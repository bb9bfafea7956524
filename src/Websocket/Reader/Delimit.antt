-- ===== src/Websocket/Reader/Delimit.antt =====
-- `get_message_length` and `handle_package` on what `send_text` sent.
use Prim.Native.Nat.{bit_or}
use native.Mathlib.Decide.{dec_lt}
use knet.Base.{
  ℤ, pos, negsuc, to_int32, ◌-◌, ℕ, ◌+◌, ◌%◌, ◌^◌, ◌≤◌, ◌<◌, ◌≡◌, refl, ap, ◌∙◌, sym, Bool, List,
  ◌∷◌, ◌++◌, arith, if◌then◌else◌, ltb, ◌==◌, lt→ltb, le→not-ltb, if_true, if_false, length,
  length-append,
}
use knet.Websocket.Frame.{MaskKey, get_message_length, handle_package, length16, length64}
use knet.Websocket.Frame.Bytes.{join16, join64}
use knet.Websocket.Frame.Encode.{header, mask_bit, body}
use knet.Websocket.Reader.View.{length-body}
use knet.Websocket.Reader.RoundTrip.{
  wire, tail_bytes, wire_short, wire_medium, wire_long, length-header, length-key_bytes,
  mask_bytes_le, second_byte_masked, second_byte_mark,
}

too_few :
    (bytes : List ℕ) (n : ℤ)
    → length bytes < 16
    → handle_package bytes ≡ (if ltb (length bytes) 16 then pos 0 else n)
unfolding handle_package
too_few bytes n h = ground arith

module _ (msg : List ℕ) (op : ℕ) (mask : Bool) (k : MaskKey) (rest : List ℕ) where
  mark_eq :
      (b0 mark : ℕ) (tail : List ℕ)
      → mark < 128
      → 16 ≤ length (b0 ∷ bit_or mark (mask_bit mask) ∷ tail)
      → get_message_length (b0 ∷ bit_or mark (mask_bit mask) ∷ tail) ≡ (
          if ltb mark 126
          then 2 + (if mask then 4 else 0) + mark
          else if mark == 126
          then 2 + (if mask then 4 else 0) + 2 + length16 (b0 ∷ bit_or mark (mask_bit mask) ∷ tail)
          else (2
              + (if mask then 4 else 0)
              + 8
              + length64 (b0 ∷ bit_or mark (mask_bit mask) ∷ tail))
            % 2 ^ 64)
  unfolding get_message_length
  mark_eq b0 mark tail h long =
      rw
        (
          get_message_length,
          second_byte_masked mark mask h,
          second_byte_mark mark mask h,
          le→not-ltb (length (b0 ∷ bit_or mark (mask_bit mask) ∷ tail)) 16 long,
        )
        refl

  sizes :
      (hs : ℕ)
      → (if ltb (length msg) 126 then 2 else if ltb (length msg) 65535 then 4 else 10) ≡ hs
      → hs + (if mask then 4 else 0) + length msg
        ≡ length (header (length msg) op mask k) + length msg
  sizes hs e =
      omega (arith, length-header msg op mask k rest, length-key_bytes msg op mask k rest, e)

  length-wire :
      length (wire msg op mask k rest)
      ≡ length (header (length msg) op mask k) + length msg + length rest
  length-wire = omega (
    arith,
    length-append (header (length msg) op mask k) (body mask k msg ++ rest),
    length-append (body mask k msg) rest,
    length-body mask k msg,
  )

  module _ (small : length msg < 2 ^ 62) (long : 16 ≤ length (wire msg op mask k rest)) where
    message_length_short :
        length msg < 126
        → get_message_length (wire msg op mask k rest)
          ≡ length (header (length msg) op mask k) + length msg
    message_length_short h =
        ap get_message_length (wire_short msg op mask k rest h)
        ∙ mark_eq (bit_or 0x80 op) (length msg) (tail_bytes msg op mask k rest) (omega arith)
            (omega (arith, long, ap length (wire_short msg op mask k rest h)))
        ∙ if_true (ltb (length msg) 126) _ (lt→ltb (length msg) 126 h)
        ∙ sizes 2 (ground arith)

    message_length_medium :
        126 ≤ length msg
        → length msg < 65535
        → get_message_length (wire msg op mask k rest)
          ≡ length (header (length msg) op mask k) + length msg
    message_length_medium lo h =
        ap get_message_length (wire_medium msg op mask k rest lo h)
        ∙ mark_eq (bit_or 0x80 op) 126 _ (omega arith)
            (omega (arith, long, ap length (wire_medium msg op mask k rest lo h)))
        ∙ ap (λ (n : ℕ). 2 + (if mask then 4 else 0) + 2 + n) (join16 (length msg) (omega arith))
        ∙ omega (arith, sizes 4 (ground arith))

    message_length_long :
        65535 ≤ length msg
        → get_message_length (wire msg op mask k rest)
          ≡ length (header (length msg) op mask k) + length msg
    message_length_long h =
        ap get_message_length (wire_long msg op mask k rest h)
        ∙ mark_eq (bit_or 0x80 op) 127 _ (omega arith)
            (omega (arith, long, ap length (wire_long msg op mask k rest h)))
        ∙ ap (λ (n : ℕ). (2 + (if mask then 4 else 0) + 8 + n) % 2 ^ 64)
            (join64 (length msg) (omega arith))
        ∙ omega (arith, sizes 10 (ground arith), mask_bytes_le msg op mask k rest)

    get_message_length-wire :
        get_message_length (wire msg op mask k rest)
        ≡ length (header (length msg) op mask k) + length msg
    get_message_length-wire = elim (dec_lt (length msg) 126) [
      | yes h ↦ message_length_short h
      | no lo ↦ elim (dec_lt (length msg) 65535) [
        | yes h ↦ message_length_medium (omega arith) h
        | no hi ↦ message_length_long (omega arith)
      ]
    ]

  abbrev pub frame_size : ℕ
  frame_size = length (header (length msg) op mask k) + length msg

  -- On data of fewer than 2^32 bytes, the range of `len`, that starts with a frame of `send_text`,
  -- `handle_package` returns, whatever follows, the size of that frame if the data has at least 16
  -- bytes, and 0 otherwise, although the frame may be there whole. For a frame of 2^31 bytes or more
  -- it returns the size less 2^32, which is negative.
  pub handle_package-wire :
      length (wire msg op mask k rest) < 2 ^ 32
      → handle_package (wire msg op mask k rest) ≡ (
          if ltb (length (wire msg op mask k rest)) 16
          then pos 0
          else if ltb frame_size (2 ^ 31)
          then pos frame_size
          else negsuc (2 ^ 32 - 1 - frame_size))
  unfolding handle_package
  handle_package-wire fits = elim (dec_lt (length (wire msg op mask k rest)) 16) [
    | yes few ↦ too_few (wire msg op mask k rest) _ few
    | no many ↦
        let e = get_message_length-wire (omega (arith, length-wire)) (omega arith) in
        let low : frame_size % 2 ^ 32 ≡ frame_size = omega (arith, length-wire) in
        ap (λ (n : ℕ). if ltb (length (wire msg op mask k rest)) n then pos 0 else to_int32 n) e
        ∙ if_false _ _
            (le→not-ltb (length (wire msg op mask k rest)) frame_size (omega (arith, length-wire)))
        ∙ ap (λ (w : ℕ). if ltb w (2 ^ 31) then pos w else negsuc (2 ^ 32 - 1 - w)) low
        ∙ sym (if_false _ _ (le→not-ltb (length (wire msg op mask k rest)) 16 (omega arith)))
  ]
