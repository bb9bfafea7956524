-- ===== src/Websocket/Reader/Messages.antt =====
-- What the reader hands over of a message that `send_text` sent.
use native.Mathlib.Decide.{dec_lt}
use knet.Base.{
  ℕ, ◌+◌, ◌-◌, ◌%◌, ◌^◌, ◌≤◌, ◌<◌, min, ◌≡◌, ◌≢◌, refl, ap, ◌∙◌, sym, Bool, List, [], ◌∷◌, ◌++◌,
  arith, if◌then◌else◌, ltb, lt→ltb, le→not-ltb, if_true, length, take,
}
use knet.Websocket.Frame.{MaskKey}
use knet.Websocket.Frame.Bytes.{join16}
use knet.Websocket.Frame.Encode.{header}
use knet.Websocket.Reader.{Reader, Reply, read, read_medium, payload_view}
use knet.Websocket.Reader.View.{payload_view_lem}
use knet.Websocket.Reader.RoundTrip.{
  wire, seen, whole, read_dispatch, tail_bytes, pre16, wire_short, wire_medium, wire_long,
  short_whole, medium_whole, long_whole, reply_eq, size_of,
}

module _ (r : Reader) (msg : List ℕ) (op : ℕ) (mask : Bool) (k : MaskKey) (rest : List ℕ)
    (ready : r.status ≡ 0) (small : op < 16) where
  -- A frame of `send_text` that fits the reader's buffer is read as it was sent, masked or not,
  -- whatever follows it: the reader hands over the message, consumes the header and the message, and
  -- is left with the opcode, the mask bit and the length of the frame. The reader is in status 0,
  -- the opcode below 16, the buffer size below 2^32, and the message has not exactly 65535 bytes.
  pub read-wire :
      length msg ≢ 65535
      → length (header (length msg) op mask k) + length msg ≤ r.buffer_size
      → r.buffer_size < 2 ^ 32
      → read r (wire msg op mask k rest) ≡ whole msg op mask k r
  read-wire ne fits word = elim (dec_lt (length msg) 126) [
    | yes h ↦
        ap (read r) (wire_short msg op mask k rest h)
        ∙ read_dispatch r op mask (length msg) (tail_bytes msg op mask k rest) ready small
            (omega arith)
        ∙ if_true (ltb (length msg) 126) _ (lt→ltb (length msg) 126 h)
        ∙ short_whole msg op mask k rest r fits word h
    | no lo ↦ elim (dec_lt (length msg) 65535) [
      | yes h ↦
          ap (read r) (wire_medium msg op mask k rest (omega arith) h)
          ∙ read_dispatch r op mask 126 _ ready small (omega arith)
          ∙ medium_whole msg op mask k rest r fits word (omega arith) h
      | no hi ↦
          ap (read r) (wire_long msg op mask k rest (omega arith))
          ∙ read_dispatch r op mask 127 _ ready small (omega arith)
          ∙ long_whole msg op mask k rest r fits word (omega arith)
    ]
  ]

-- The reply to a frame of 126 to 65534 bytes that is larger than the reader's buffer.
abbrev pub cut : List ℕ → ℕ → Bool → MaskKey → List ℕ → Reader → Reply
cut msg op mask k rest r = record {
  consumed = length (wire msg op mask k rest);
  handed = take (min (length msg) (r.buffer_size - 4)) msg ∷ [];
  reader = record (seen r op mask 126) {
    payload_length = length msg;
    left_length = length (header (length msg) op mask k) + length msg - r.buffer_size;
  };
}

module _ (r : Reader) (msg : List ℕ) (op : ℕ) (mask : Bool) (k : MaskKey) (rest : List ℕ)
    (lo : 126 ≤ length msg) (h : length msg < 65535) (room : 4 ≤ r.buffer_size)
    (word : r.buffer_size < 2 ^ 32)
    (over : r.buffer_size < length (header (length msg) op mask k) + length msg) where
  view_cut :
      (n : ℕ)
      → n ≡ min (length msg) (r.buffer_size - 4)
      → payload_view mask (pre16 msg op mask k rest ++ tail_bytes msg op mask k rest) 4 n
        ≡ take (min (length msg) (r.buffer_size - 4)) msg
  view_cut n e = rw e (
      payload_view_lem (pre16 msg op mask k rest) k msg rest (min (length msg) (r.buffer_size - 4))
        (omega arith) mask)

  room_eq : (r.buffer_size + 2 ^ 64 - 4) % 2 ^ 64 ≡ r.buffer_size - 4
  room_eq = omega arith

  shown :
      (if ltb (length msg) (r.buffer_size - 4) then length msg else r.buffer_size - 4)
      ≡ min (length msg) (r.buffer_size - 4)
  shown = ground arith

  medium_cut :
      read_medium
        (seen r op mask 126)
        (pre16 msg op mask k rest ++ tail_bytes msg op mask k rest)
        mask
      ≡ cut msg op mask k rest r
  unfolding read_medium
  medium_cut =
      rw
        (
          join16 (length msg) (omega arith),
          size_of msg op mask k rest 4 (ground arith) (omega arith) (omega arith),
          room_eq,
          le→not-ltb (length (pre16 msg op mask k rest ++ tail_bytes msg op mask k rest)) 4
              (omega arith),
          lt→ltb r.buffer_size (length (header (length msg) op mask k) + length msg) over,
        )
        (reply_eq (ap length (sym (wire_medium msg op mask k rest lo h)))
          (ap (λ x. x ∷ []) (view_cut _ shown)) refl)

  -- A message of 126 to 65534 bytes whose frame is larger than the reader's buffer is cut: the
  -- reader hands over its first `buffer_size - 4` bytes, or all of it where only the masking key is
  -- over, takes all the data given for consumed, and keeps its status 0, so that the rest of the
  -- message is never handed over. The buffer size is at least 4 and below 2^32, the opcode below 16.
  pub read-wire-cut :
      r.status ≡ 0 → op < 16 → read r (wire msg op mask k rest) ≡ cut msg op mask k rest r
  read-wire-cut ready small =
      ap (read r) (wire_medium msg op mask k rest lo h)
      ∙ read_dispatch r op mask 126 _ ready small (omega arith)
      ∙ medium_cut
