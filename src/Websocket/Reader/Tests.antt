-- ===== src/Websocket/Reader/Tests.antt =====
-- Frames at concrete inputs.
use knet.Base.{
  ℕ, pos, none, ltb, ◌^◌, if◌then◌else◌, ◌≡◌, refl, true, false, some, List, [], ◌∷◌, arith,
}
use knet.Websocket.Frame.{MaskKey, send_text, handle_package, replicate}
use knet.Websocket.Frame.Encode.{header, xored, send_text-frame}
use knet.Websocket.Reader.{Reader, read}
use knet.Websocket.Reader.RoundTrip.{wire, whole}
use knet.Websocket.Reader.Messages.{cut, read-wire, read-wire-cut}
use knet.Websocket.Reader.Delimit.{handle_package-wire}

abbrev key : MaskKey
key = record { key0 = 0x12; key1 = 0x34; key2 = 0x56; key3 = 0x78 }

abbrev fresh : Reader
fresh = record {
  head = record { fin = false; opcode = 0; mask = false; len = 0 };
  buffer_size = 4096;
  left_length = 0;
  payload_length = 0;
  status = 0;
}

-- "Hello"
abbrev hello : List ℕ
hello = b'H' ∷ b'e' ∷ b'l' ∷ b'l' ∷ b'o' ∷ []

send_hello : send_text hello 1 false key ≡ some (0x81 ∷ 5 ∷ [], hello)
unfolding send_text
send_hello = refl

send_masked :
    send_text hello 1 true key
    ≡ some (0x81 ∷ 0x85 ∷ 0x12 ∷ 0x34 ∷ 0x56 ∷ 0x78 ∷ [], 0x5a ∷ 0x51 ∷ 0x3a ∷ 0x14 ∷ 0x7d ∷ [])
unfolding send_text
send_masked = refl

-- A whole masked frame of 11 bytes is not recognised until 16 bytes are there.
hello_waits : handle_package (wire hello 1 true key []) ≡ pos 0
unfolding handle_package
hello_waits = refl

send_text-frame_example : send_text hello 1 true key ≡ (
    if true
    then if ltb 5 (2 ^ 32) then some (header 5 1 true key, xored key hello) else none
    else some (header 5 1 true key, hello))
send_text-frame_example = send_text-frame hello 1 true key

read-wire_example : read fresh (wire hello 1 true key (7 ∷ [])) ≡ whole hello 1 true key fresh
read-wire_example =
    read-wire fresh hello 1 true key (7 ∷ []) refl (omega arith) (omega arith) (omega arith)
      (omega arith)

abbrev tiny : Reader
tiny = record fresh { buffer_size = 100 }

abbrev letter : List ℕ
letter = replicate 130 b'x'

read-wire-cut_example : read tiny (wire letter 2 true key []) ≡ cut letter 2 true key [] tiny
read-wire-cut_example =
    read-wire-cut tiny letter 2 true key [] (omega arith) (omega arith) (omega arith) (omega arith)
      (omega arith) refl (omega arith)

handle_package-wire_example : handle_package (wire letter 2 true key (1 ∷ 2 ∷ [])) ≡ pos 138
handle_package-wire_example = handle_package-wire letter 2 true key (1 ∷ 2 ∷ []) (omega arith)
....................
What do the lines above say from the one containing "-- the opcode" down to the one containing "-- The reply"? Return them exactly, both end lines included, and only them.

# Written response:
  -- the opcode below 16, the buffer size below 2^32, and the message has not exactly 65535 bytes.
  pub read-wire :
      length msg ≢ 65535
      → length (header (length msg) op mask k) + length msg ≤ r.buffer_size
      → r.buffer_size < 2 ^ 32
      → read r (wire msg op mask k rest) ≡ whole msg op mask k r
  read-wire ne fits word = elim (dec_lt (length msg) 126) [
    | yes h ↦
        ap (read r) (wire_short msg op mask k rest h)
        ∙ read_dispatch r op mask (length msg) (tail_bytes msg op mask k rest) ready small
            (omega arith)
        ∙ if_true (ltb (length msg) 126) _ (lt→ltb (length msg) 126 h)
        ∙ short_whole msg op mask k rest r fits word h
    | no lo ↦ elim (dec_lt (length msg) 65535) [
      | yes h ↦
          ap (read r) (wire_medium msg op mask k rest (omega arith) h)
          ∙ read_dispatch r op mask 126 _ ready small (omega arith)
          ∙ medium_whole msg op mask k rest r fits word (omega arith) h
      | no hi ↦
          ap (read r) (wire_long msg op mask k rest (omega arith))
          ∙ read_dispatch r op mask 127 _ ready small (omega arith)
          ∙ long_whole msg op mask k rest r fits word (omega arith)
    ]
  ]

-- The reply to a frame of 126 to 65534 bytes that is larger than the reader's buffer.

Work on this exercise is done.